Dataset entries:
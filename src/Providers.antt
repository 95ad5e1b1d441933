-- ===== src/Providers.antt =====
-- The provider layer (crates/athena-voice-providers): circuit breaker and retries.
pub mod Circuit
pub mod Retry
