-- ===== src/Providers/Circuit.antt =====
-- The circuit breaker of crates/athena-voice-providers/src/circuit.rs.
-- `Instant` and `Duration` are numbers of nanoseconds. Subtraction of instants saturates at zero in
-- Rust, as `-` does here. The mutex makes each method one step, and the clock is an argument.
pub mod Laws
use athena_voice.Base.{ℕ, ◌+◌, ◌-◌, ◌%◌, Bool, true, false, leb, if◌then◌else◌, Result, ok, err}

pub data State : Type 0 where
  closed : ℕ → State
  open_until : ℕ → State
  half_open : ℕ → State

pub record CircuitBreaker : Type 0 where
  pub failure_threshold : ℕ
  pub open_duration : ℕ
  pub half_open_probe_gap : ℕ
  pub state : State

abbrev pub Permit : Type 0
Permit = Result (Unit {0}) ℕ

-- `u32` arithmetic wraps.
abbrev u32 : ℕ → ℕ
u32 n = n % 4294967296

unfoldable pub new : ℕ → ℕ → ℕ → CircuitBreaker
new failure_threshold open_duration half_open_probe_gap = record {
  failure_threshold = failure_threshold;
  open_duration = open_duration;
  half_open_probe_gap = half_open_probe_gap;
  state = closed 0;
}

-- The `match *st` of `can_call`: the arms of `HalfOpen` in the order of the source.
permit : State → ℕ → ℕ → State × Permit
permit (closed failures) gap now = (closed failures, ok tt)
permit (open_until until) gap now =
    if leb until now then (half_open now, ok tt) else (open_until until, err (until - now))
permit (half_open last_probe) gap now =
    if leb gap (now - last_probe) then (half_open now, ok tt) else (
      half_open last_probe,
      let elapsed = now - last_probe in if leb gap elapsed then ok tt else err (gap - elapsed),
    )

unfoldable pub can_call : CircuitBreaker → ℕ → CircuitBreaker × Permit
unfolding permit
can_call c now =
    let (st, answer) = permit c.state c.half_open_probe_gap now in (record c { state = st }, answer)

unfoldable pub record_success : CircuitBreaker → CircuitBreaker
record_success c = record c { state = closed 0 }

failed : State → ℕ → ℕ → State
failed (closed failures) threshold reopens =
    let new_failures = u32 (failures + 1) in
    if leb threshold new_failures then open_until reopens else closed new_failures
failed (half_open last_probe) threshold reopens = open_until reopens
failed (open_until until) threshold reopens = open_until until

unfoldable pub record_failure : CircuitBreaker → ℕ → CircuitBreaker
unfolding failed
record_failure c now = record c {
  state = failed c.state c.failure_threshold (now + c.open_duration);
}

abbrev matches_open : State → Bool
matches_open (open_until until) = true
matches_open _ = false

unfoldable pub is_open : CircuitBreaker → Bool
is_open c = matches_open c.state
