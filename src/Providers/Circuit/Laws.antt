-- ===== src/Providers/Circuit/Laws.antt =====
-- What the circuit breaker guarantees, over every history of calls.
use athena_voice.Base.{
  ℕ, suc, if◌then◌else◌, leb, ◌∙◌, Bool-cases, inl, inr, ◌+◌, ◌-◌, ◌≤◌, ◌<◌, ◌≡◌, refl, ap, ◌⊎◌,
  ◌↔◌, Option, none, some, List, [], ◌∷◌, length, get_elem?, arith, ok, err,
}
use athena_voice.Providers.Circuit.{
  CircuitBreaker, State, Permit, permit, closed, open_until, half_open, new, can_call,
  record_success, record_failure,
}

-- A closed circuit counts fewer failures than the threshold.
abbrev pub CountsBelow : ℕ → State → Type 0
CountsBelow threshold (closed failures) = (failures ≡ 0) ⊎ (failures < threshold)
CountsBelow threshold _ = Unit

pub record IsValid (c : CircuitBreaker) : Type 0 where
  pub threshold_u32 : c.failure_threshold < 4294967296
  pub counts : CountsBelow c.failure_threshold c.state

-- One call of the public methods, at a time where one is read.
pub data Call : Type 0 where
  ask fail : ℕ → Call
  succeed : Call

unfoldable pub step : CircuitBreaker → Call → CircuitBreaker
step c (ask now) = (can_call c now).0
step c (fail now) = record_failure c now
step c succeed = record_success c

unfoldable pub run : CircuitBreaker → List Call → CircuitBreaker
run c [] = c
run c (e ∷ es) = run (step c e) es

step-IsValid : (c : CircuitBreaker) (e : Call) → IsValid c → IsValid (step c e)
unfolding step can_call record_failure record_success
step-IsValid c (ask now) v = ground arith
step-IsValid c (fail now) v = ground arith
step-IsValid c succeed v = ground arith

-- Every history of `can_call`, `record_success` and `record_failure` keeps a valid circuit valid.
pub run-IsValid : (c : CircuitBreaker) (es : List Call) → IsValid c → IsValid (run c es)
unfolding run
run-IsValid c [] v = v
run-IsValid c (e ∷ es) v = run-IsValid (step c e) es (step-IsValid c e v)

-- The failures of a list of times, one after the other.
unfoldable pub failures_at : CircuitBreaker → List ℕ → CircuitBreaker
failures_at c [] = c
failures_at c (now ∷ nows) = failures_at (record_failure c now) nows

-- The state when `seen` failures are counted, or when the failure at a time has opened the circuit.
abbrev pub opened : ℕ → Option ℕ → ℕ → State
opened duration none seen = closed seen
opened duration (some now) seen = open_until (now + duration)

stays_open :
    (c : CircuitBreaker) (until : ℕ) (nows : List ℕ)
    → c.state ≡ open_until until
    → (failures_at c nows).state ≡ open_until until
unfolding failures_at record_failure
stays_open c until [] h = h
stays_open c until (now ∷ nows) h = stays_open (record_failure c now) until nows (ground arith)

module _ (c : CircuitBreaker) (seen now : ℕ) (nows : List ℕ) where
  index_here :
      c.failure_threshold ≤ seen + 1
      → get_elem? (now ∷ nows) (c.failure_threshold - 1 - seen) ≡ some now
  index_here h =
      let e : c.failure_threshold - 1 - seen ≡ 0 = omega arith in ap (get_elem? (now ∷ nows)) e

  index_later :
      seen + 1 < c.failure_threshold
      → get_elem? (now ∷ nows) (c.failure_threshold - 1 - seen)
        ≡ get_elem? nows (c.failure_threshold - 1 - (seen + 1))
  index_later h =
      let e : c.failure_threshold - 1 - seen ≡ suc (c.failure_threshold - 1 - (seen + 1)) =
        omega arith in
      ap (get_elem? (now ∷ nows)) e

failures_at-eq :
    (c : CircuitBreaker) (seen : ℕ) (nows : List ℕ)
    → c.failure_threshold < 4294967296
    → c.state ≡ closed seen
    → (seen ≡ 0) ⊎ (seen < c.failure_threshold)
    → (failures_at c nows).state
      ≡ opened c.open_duration
          (get_elem? nows (c.failure_threshold - 1 - seen))
          (seen + length nows)
unfolding failures_at record_failure
failures_at-eq c seen [] t s h = ground arith
failures_at-eq c seen (now ∷ nows) t s h = ground (
  arith,
  index_here c seen now nows,
  index_later c seen now nows,
  stays_open (record_failure c now) (now + c.open_duration) nows,
  failures_at-eq (record_failure c now) (seen + 1) nows,
)

-- The answer to a call, when a failure at a time has opened the circuit, or none has.
abbrev pub answer_at : ℕ → Option ℕ → ℕ → Permit
answer_at duration none now = ok tt
answer_at duration (some failure) now =
    if leb (failure + duration) now then ok tt else err (failure + duration - now)

can_call-answer_at :
    (c : CircuitBreaker) (o : Option ℕ) (seen duration now : ℕ)
    → c.state ≡ opened duration o seen
    → (can_call c now).1 ≡ answer_at duration o now
unfolding can_call permit
can_call-answer_at c none seen duration now e = ap (λ st. (permit st c.half_open_probe_gap now).1) e
can_call-answer_at c (some failure) seen duration now e =
    ap (λ st. (permit st c.half_open_probe_gap now).1) e
    ∙ elim (Bool-cases (leb (failure + duration) now)) [
      | inl over ↦ rw over refl
      | inr early ↦ rw early refl
    ]

new_state-failures_at :
    (threshold duration gap : ℕ) (nows : List ℕ)
    → threshold < 4294967296
    → (failures_at (new threshold duration gap) nows).state
      ≡ opened duration (get_elem? nows (threshold - 1)) (length nows)
unfolding new
new_state-failures_at threshold duration gap nows t =
    ground (arith, failures_at-eq (new threshold duration gap) 0 nows t refl)

-- A new circuit that has seen only failures, at the times of a list and however far apart, is closed with all
-- of them counted if there are fewer than the threshold, and else open until the duration after the failure
-- that reached the threshold (the first one, if the threshold is 0), whatever failed later. A call is then let
-- through if the circuit is closed, or if that time has come; before it, the call is refused with the wait that
-- is left. The threshold is a `u32`.
pub new-failures_at :
    (threshold duration gap : ℕ) (nows : List ℕ) (now : ℕ)
    → threshold < 4294967296
    → let c = failures_at (new threshold duration gap) nows in
      let failure = get_elem? nows (threshold - 1) in
      (c.state ≡ opened duration failure (length nows))
      × ((can_call c now).1 ≡ answer_at duration failure now)
new-failures_at threshold duration gap nows now t =
    let e = new_state-failures_at threshold duration gap nows t in
    (
      e,
      can_call-answer_at (failures_at (new threshold duration gap) nows)
          (get_elem? nows (threshold - 1)) (length nows) duration now e,
    )

-- The clock has not run back behind the last probe.
abbrev pub ProbeBefore : ℕ → State → Type 0
ProbeBefore now (half_open last_probe) = last_probe ≤ now
ProbeBefore now _ = Unit

-- A refusal is exact: it asks for a wait that is not zero, and the same circuit, asked again later,
-- permits the call exactly when that wait is over.
pub refusal_exact :
    (c : CircuitBreaker) (now wait k : ℕ)
    → ProbeBefore now c.state
    → (can_call c now).1 ≡ err wait
    → (0 < wait) × ((can_call c (now + k)).1 ≡ ok tt ↔ wait ≤ k)
unfolding can_call
refusal_exact c now wait k b h = ground arith

-- A refused call leaves the circuit as it was.
pub refused_unchanged :
    (c : CircuitBreaker) (now wait : ℕ) → (can_call c now).1 ≡ err wait → (can_call c now).0 ≡ c
unfolding can_call
refused_unchanged c now wait h = ground arith

-- Probes are spaced: once an open or half-open circuit lets a call through, the next one passes
-- exactly when the probe gap has gone by.
pub probes_spaced :
    (c : CircuitBreaker) (now k : ℕ)
    → (n : ℕ) → (c.state ≡ open_until n) ⊎ (c.state ≡ half_open n)
    → (can_call c now).1 ≡ ok tt
    → ((can_call (can_call c now).0 (now + k)).1 ≡ ok tt) ↔ (c.half_open_probe_gap ≤ k)
unfolding can_call
probes_spaced c now k n s h = ground arith

-- A probe decides: after a permitted call of an open or half-open circuit, a success closes it with no
-- failures counted, and a failure opens it again for the whole duration.
pub probe_decides :
    (c : CircuitBreaker) (now later n : ℕ)
    → (c.state ≡ open_until n) ⊎ (c.state ≡ half_open n)
    → (can_call c now).1 ≡ ok tt
    → ((record_success (can_call c now).0).state ≡ closed 0)
      × ((record_failure (can_call c now).0 later).state ≡ open_until (later + c.open_duration))
unfolding can_call record_success record_failure
probe_decides c now later n s h = ground arith
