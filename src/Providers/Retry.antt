-- ===== src/Providers/Retry.antt =====
-- The provider decorators of crates/athena-voice-providers/src/retry.rs.
-- A call of the wrapped provider is a parameter: `calls k` is what the k-th call of the run answers
-- (counted from 0) with the clock reading that follows it. `A` is what a provider returns, `E` its
-- error. The futures are awaited one after the other, so a call is a step.
pub mod Laws
use athena_voice.Base.{
  ℕ, zero, suc, ◌+◌, ◌*◌, Bool, true, false, Option, none, some, List, [], ◌∷◌, ◌++◌, get_elem?,
  ltb, if◌then◌else◌, String, Result, ok, err, is_err,
}
use athena_voice.Providers.Circuit.{CircuitBreaker, can_call, record_success, record_failure}

pub record RetryConfig : Type 0 where
  pub max_attempts : ℕ
  pub backoff : List ℕ

unfoldable pub llm : RetryConfig
llm = record { max_attempts = 1; backoff = [] }

unfoldable pub stt : RetryConfig
stt = record { max_attempts = 1; backoff = [] }

-- 200 ms, in nanoseconds
unfoldable pub tts : RetryConfig
tts = record { max_attempts = 2; backoff = (200 * 1000000) ∷ [] }

-- `BoxError`: the provider's own error, or a message of the decorator.
pub data BoxError (E : Type 0) : Type 0 where
  inner : E → BoxError E
  message : String → BoxError E

-- What one call of the wrapped provider gives, and the time at which the circuit reads the clock.
pub record Answer (A E : Type 0) : Type 0 where
  pub result : Result A E
  pub now : ℕ

-- The outcome of a decorated call: the circuit after it, what is returned, how often the provider was
-- called, and the pauses that were slept.
pub record Run (A E : Type 0) : Type 0 where
  pub circuit : CircuitBreaker
  pub returned : Result A (BoxError E)
  pub called : ℕ
  pub slept : List ℕ

-- The sleep after the attempt of an index, if another one follows and the backoff has an entry.
pause : RetryConfig → ℕ → List ℕ
pause config attempt =
    if ltb (attempt + 1) config.max_attempts
    then elim (get_elem? config.backoff attempt) [ none ↦ [] | some delay ↦ delay ∷ [] ]
    else []

module _ {A E : Type 0} where
  -- `last_err.unwrap_or_else(…)`
  exhausted : Option E → Result A (BoxError E)
  exhausted none = err (message "tts retry exhausted")
  exhausted (some e) = err (inner e)

  prepend : List ℕ → Run A E → Run A E
  prepend pauses r = record r { slept = pauses ++ r.slept }

  -- `for attempt in 0..max_attempts`, with `rounds` attempts left.
  attempts :
      RetryConfig → (ℕ → Answer A E) → (rounds attempt : ℕ) → CircuitBreaker → Option E → Run A E
  unfolding exhausted pause prepend
  attempts config calls zero attempt c last_err = record {
    circuit = c;
    returned = exhausted last_err;
    called = attempt;
    slept = [];
  }
  attempts config calls (suc rounds) attempt c last_err = elim ((calls attempt).result) [
    | ok s ↦ record {
      circuit = record_success c;
      returned = ok s;
      called = attempt + 1;
      slept = [];
    }
    | err e ↦
        prepend (pause config attempt) (
          attempts config calls rounds (attempt + 1) (record_failure c (calls attempt).now)
            (some e))
  ]

  pub synthesize : RetryConfig → CircuitBreaker → ℕ → (ℕ → Answer A E) → Run A E
  synthesize config c now calls =
      let (c', permit) = can_call c now in
      if is_err permit
      then record {
        circuit = c';
        returned = err (message "tts circuit open");
        called = 0;
        slept = [];
      }
      else attempts config calls config.max_attempts 0 c' none

  -- The single attempt of the other two decorators.
  transcribe_answer : CircuitBreaker → Answer A E → Run A E
  transcribe_answer c a = elim (a.result) [
    | ok s ↦ record { circuit = record_success c; returned = ok s; called = 1; slept = [] }
    | err e ↦ record {
      circuit = record_failure c a.now;
      returned = err (inner e);
      called = 1;
      slept = [];
    }
  ]

  pub transcribe : CircuitBreaker → ℕ → Answer A E → Run A E
  unfolding transcribe_answer
  transcribe c now answer =
      let (c', permit) = can_call c now in
      if is_err permit
      then record {
        circuit = c';
        returned = err (message "stt circuit open");
        called = 0;
        slept = [];
      }
      else transcribe_answer c' answer

  complete_answer : CircuitBreaker → Answer A E → Run A E
  complete_answer c a = elim (a.result) [
    | ok s ↦ record { circuit = record_success c; returned = ok s; called = 1; slept = [] }
    | err e ↦ record {
      circuit = record_failure c a.now;
      returned = err (inner e);
      called = 1;
      slept = [];
    }
  ]

  pub complete : CircuitBreaker → ℕ → Answer A E → Run A E
  unfolding complete_answer
  complete c now answer =
      let (c', permit) = can_call c now in
      if is_err permit
      then record {
        circuit = c';
        returned = err (message "llm circuit open");
        called = 0;
        slept = [];
      }
      else complete_answer c' answer
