-- ===== src/Providers/Retry/Laws.antt =====
-- What the decorators do, described by the provider's answers alone.
use native.Mathlib.Decide.{dec_lt}
use athena_voice.Base.{
  ℕ, zero, suc, ◌+◌, ◌≤◌, ◌<◌, ◌≡◌, refl, ap, ◌∙◌, Option, none, some, List, [], ◌∷◌, arith, ok,
  err,
}
use athena_voice.Providers.Circuit.{
  CircuitBreaker, closed, can_call, record_success, record_failure,
}
use athena_voice.Providers.Circuit.Laws.{failures_at, refused_unchanged}
use athena_voice.Providers.Retry.{
  RetryConfig, Answer, Run, inner, message, exhausted, attempts, synthesize, transcribe, complete,
}

module _ {A E : Type 0} (calls : ℕ → Answer A E) (errs : ℕ → E) where
  -- The calls from one index up to another, that one excluded, all fail, each with its error.
  abbrev pub FailFrom : ℕ → ℕ → Type 0
  FailFrom i n = (j : ℕ) → i ≤ j → j < n → (calls j).result ≡ err (errs j)

  -- What a run with its first success at `n` gives.
  abbrev pub Succeeds : ℕ → A → Run A E → Type 0
  Succeeds n a r = (r.returned ≡ ok a) × (r.called ≡ n + 1) × (r.circuit.state ≡ closed 0)

  attempts_succeed :
      (config : RetryConfig) (rounds attempt : ℕ) (c : CircuitBreaker) (last_err : Option E) (n : ℕ)
      (a : A)
      → attempt ≤ n
      → n < attempt + rounds
      → FailFrom attempt n
      → (calls n).result ≡ ok a
      → Succeeds n a (attempts config calls rounds attempt c last_err)
  unfolding attempts record_success
  attempts_succeed config zero attempt c last_err n a l u f s = absurd (omega arith)
  attempts_succeed config (suc rounds) attempt c last_err n a l u f s = elim (dec_lt attempt n) [
    | yes p ↦
        rw (f attempt (omega arith) p, attempts)
          (attempts_succeed config rounds (attempt + 1) (record_failure c (calls attempt).now)
            (some (errs attempt)) n a (omega arith) (omega arith) (λ j x y. f j (omega arith) y) s)
    | no p ↦
        let same : attempt ≡ n = omega arith in
        let q : (calls attempt).result ≡ ok a = rw same s in
        rw (q, attempts) (refl, ap (λ (k : ℕ). k + 1) same, refl)
  ]

  -- The clock readings of `rounds` calls from an index on.
  abbrev pub times : ℕ → ℕ → List ℕ
  times zero attempt = []
  times (suc rounds) attempt = (calls attempt).now ∷ times rounds (attempt + 1)

  -- The error that is left when `rounds` more attempts fail.
  abbrev left_over : ℕ → ℕ → Option E → Option E
  left_over zero attempt last_err = last_err
  left_over (suc rounds) attempt last_err = some (errs (attempt + rounds))

  left_over-suc :
      (rounds attempt : ℕ) (last_err : Option E)
      → left_over rounds (attempt + 1) (some (errs attempt))
        ≡ left_over (suc rounds) attempt last_err
  left_over-suc zero attempt last_err =
      let e : attempt ≡ attempt + 0 = omega arith in ap (λ k. some (errs k)) e
  left_over-suc (suc rounds) attempt last_err =
      let e : attempt + 1 + rounds ≡ attempt + suc rounds = omega arith in ap (λ k. some (errs k)) e

  left_over-eq : (rounds last : ℕ) → rounds ≡ suc last → left_over rounds 0 none ≡ some (errs last)
  left_over-eq rounds last p =
      let e : 0 + last ≡ last = omega arith in rw p (ap (λ k. some (errs k)) e)

  -- What a run of `rounds` failing attempts gives.
  abbrev Exhausts : ℕ → ℕ → CircuitBreaker → Option E → Run A E → Type 0
  Exhausts rounds attempt c last_err r =
      (r.returned ≡ exhausted (left_over rounds attempt last_err))
      × (r.called ≡ attempt + rounds)
      × (r.circuit ≡ failures_at c (times rounds attempt))

  attempts_exhaust :
      (config : RetryConfig) (rounds attempt : ℕ) (c : CircuitBreaker) (last_err : Option E)
      → FailFrom attempt (attempt + rounds)
      → Exhausts rounds attempt c last_err (attempts config calls rounds attempt c last_err)
  unfolding attempts failures_at
  attempts_exhaust config zero attempt c last_err f = (refl, omega arith, refl)
  attempts_exhaust config (suc rounds) attempt c last_err f =
      let ih =
        attempts_exhaust config rounds (attempt + 1) (record_failure c (calls attempt).now)
          (some (errs attempt)) (λ j x y. f j (omega arith) (omega arith)) in
      rw (f attempt (omega arith) (omega arith), attempts)
        (ih.0 ∙ ap exhausted (left_over-suc rounds attempt last_err), omega (arith, ih.1), ih.2)

  -- If the circuit lets the call through and some attempt below the maximum succeeds, the answer of the
  -- first one that does is returned, the provider is called no more after it, and the circuit is closed
  -- with no failure counted.
  pub synthesize_first_success :
      (config : RetryConfig) (c : CircuitBreaker) (now n : ℕ) (a : A)
      → (can_call c now).1 ≡ ok tt
      → n < config.max_attempts
      → FailFrom 0 n
      → (calls n).result ≡ ok a
      → Succeeds n a (synthesize config c now calls)
  unfolding synthesize
  synthesize_first_success config c now n a permitted below f s = rw permitted (
      attempts_succeed config config.max_attempts 0 (can_call c now).0 none n a (omega arith)
        (omega arith) f s)

  -- If the circuit lets the call through and every attempt up to the maximum, which is not 0, fails, the
  -- provider is called exactly that often, the last error is returned, and the circuit has counted
  -- every one of the failures at its time.
  pub synthesize_exhausted :
      (config : RetryConfig) (c : CircuitBreaker) (now last : ℕ)
      → (can_call c now).1 ≡ ok tt
      → config.max_attempts ≡ suc last
      → FailFrom 0 config.max_attempts
      → let r = synthesize config c now calls in
        (r.returned ≡ err (inner (errs last)))
        × (r.called ≡ config.max_attempts)
        × (r.circuit ≡ failures_at (can_call c now).0 (times config.max_attempts 0))
  unfolding synthesize exhausted
  synthesize_exhausted config c now last permitted positive f =
      let all =
        attempts_exhaust config config.max_attempts 0 (can_call c now).0 none
          (λ j x y. f j x (omega arith)) in
      rw permitted (
        all.0 ∙ ap exhausted (left_over-eq config.max_attempts last positive),
        omega (arith, all.1),
        all.2,
      )

-- When the circuit refuses, none of the three decorators calls its provider or touches the circuit, and
-- each returns its own error.
pub refused :
    {A E : Type 0} (config : RetryConfig) (c : CircuitBreaker) (now wait : ℕ)
    (calls : ℕ → Answer A E)
    → (can_call c now).1 ≡ err wait
    → (synthesize config c now calls ≡ record {
      circuit = c;
      returned = err (message "tts circuit open");
      called = 0;
      slept = [];
    })
      × (transcribe c now (calls 0) ≡ record {
        circuit = c;
        returned = err (message "stt circuit open");
        called = 0;
        slept = [];
      })
      × (complete c now (calls 0) ≡ record {
        circuit = c;
        returned = err (message "llm circuit open");
        called = 0;
        slept = [];
      })
unfolding synthesize transcribe complete
refused config c now wait calls h =
    let same = refused_unchanged c now wait h in rw (h, same) (refl, refl, refl)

#### Work instruction:
Work through the entries, filtering for the string "ProbeBefore", and copy each line that holds it.

#### Result of this task:
abbrev pub ProbeBefore : ℕ → State → Type 0
ProbeBefore now (half_open last_probe) = last_probe ≤ now
ProbeBefore now _ = Unit
    → ProbeBefore now c.state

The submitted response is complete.